→ Exercise brief
Look below for the line holding "hold-Owes h d" and the line holding "counted = λ p n. omega". Repeat those two and everything between, exactly.

*****

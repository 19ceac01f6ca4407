-- ===== src/CountedPtr/Count.antt =====
-- counted_ptr.h: the count of a state is the number of the pointers to it.
use librf.Prelude.{
  occ, occ-append, occ-le-length, ℕ, zero, suc, ◌+◌, ◌≤◌, ◌<◌, ◌≡◌, ◌≢◌, List, [], ◌∷◌, arith,
  size_mod, set, length, length-set, length-append,
}
use librf.CountedPtr.{Ptr, null, Heap, get, hold, drop, put, push}

pub occ-set :
    (p v : Ptr) (ps : List Ptr) (i : ℕ)
    → i < length ps
    → occ p (set ps i v) + occ p (get ps i ∷ []) ≡ occ p ps + occ p (v ∷ [])
occ-set p v [] i lt = elim lt [ ]
occ-set p v (q ∷ ps) zero lt = omega arith
occ-set p v (q ∷ ps) (suc i) lt = ground (arith, occ-set p v ps i (omega arith))

-- Every state is counted, but for one pointer to `d` that is not in a variable yet, or no longer; no
-- variable points to a freed state.
pub record Owes (h : Heap) (d : Ptr) : Type 0 where
  pub counted : (p : Ptr) → p ≢ null → h.count p ≡ occ p h.ptrs + occ p (d ∷ [])
  pub once : (p : Ptr) → p ≢ null → h.freed p ≤ 1
  pub dead : (p : Ptr) → p ≢ null → 1 ≤ h.freed p → occ p h.ptrs + occ p (d ∷ []) ≡ 0
  pub room : length h.ptrs + 1 < size_mod

abbrev pub IsCounted : Heap → Type 0
IsCounted h = Owes h null

pub hold-Owes : (h : Heap) (d : Ptr) → (d ≢ null → h.freed d ≡ 0) → IsCounted h → Owes (hold h d) d
unfolding hold
hold-Owes h d fresh v = record {
  counted = λ p n. ground (arith, v.counted p n, occ-le-length p h.ptrs, v.room);
  once = λ p n. ground (arith, v.once p n);
  dead = λ p n f. ground (arith, v.dead p n, fresh);
  room = ground (arith, v.room);
}

pub put-Owes :
    (h : Heap) (d : Ptr) (i : ℕ) → i < length h.ptrs → Owes h d → Owes (put h i d) (get h.ptrs i)
put-Owes h d i lt v = record {
  counted = λ p n. omega (arith, v.counted p n, occ-set p d h.ptrs i lt);
  once = λ p n. v.once p n;
  dead = λ p n f. omega (arith, v.dead p n f, occ-set p d h.ptrs i lt);
  room = omega (arith, v.room, length-set h.ptrs i d);
}

pub push-IsCounted :
    (h : Heap) (d : Ptr) → length h.ptrs + 2 < size_mod → Owes h d → IsCounted (push h d)
push-IsCounted h d b v = record {
  counted = λ p n. ground (arith, v.counted p n, occ-append p d h.ptrs);
  once = λ p n. v.once p n;
  dead = λ p n f. ground (arith, v.dead p n f, occ-append p d h.ptrs);
  room = omega (arith, length-append h.ptrs (d ∷ []));
}

pub drop-IsCounted : (h : Heap) (d : Ptr) → Owes h d → IsCounted (drop h d)
unfolding drop
drop-IsCounted h d v = record {
  counted = λ p n. ground (arith, v.counted p n, occ-le-length p h.ptrs, v.room);
  once = λ p n. ground (arith, v.counted p n, v.once p n, v.dead p n);
  dead = λ p n f. ground (arith, v.counted p n, v.dead p n, occ-le-length p h.ptrs, v.room);
  room = ground (arith, v.room);
}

*****

→ Solution for this task
hold-Owes h d fresh v = record {
  counted = λ p n. ground (arith, v.counted p n, occ-le-length p h.ptrs, v.room);
  once = λ p n. ground (arith, v.once p n);
  dead = λ p n f. ground (arith, v.dead p n, fresh);
  room = ground (arith, v.room);
}

pub put-Owes :
    (h : Heap) (d : Ptr) (i : ℕ) → i < length h.ptrs → Owes h d → Owes (put h i d) (get h.ptrs i)
put-Owes h d i lt v = record {
  counted = λ p n. omega (arith, v.counted p n, occ-set p d h.ptrs i lt);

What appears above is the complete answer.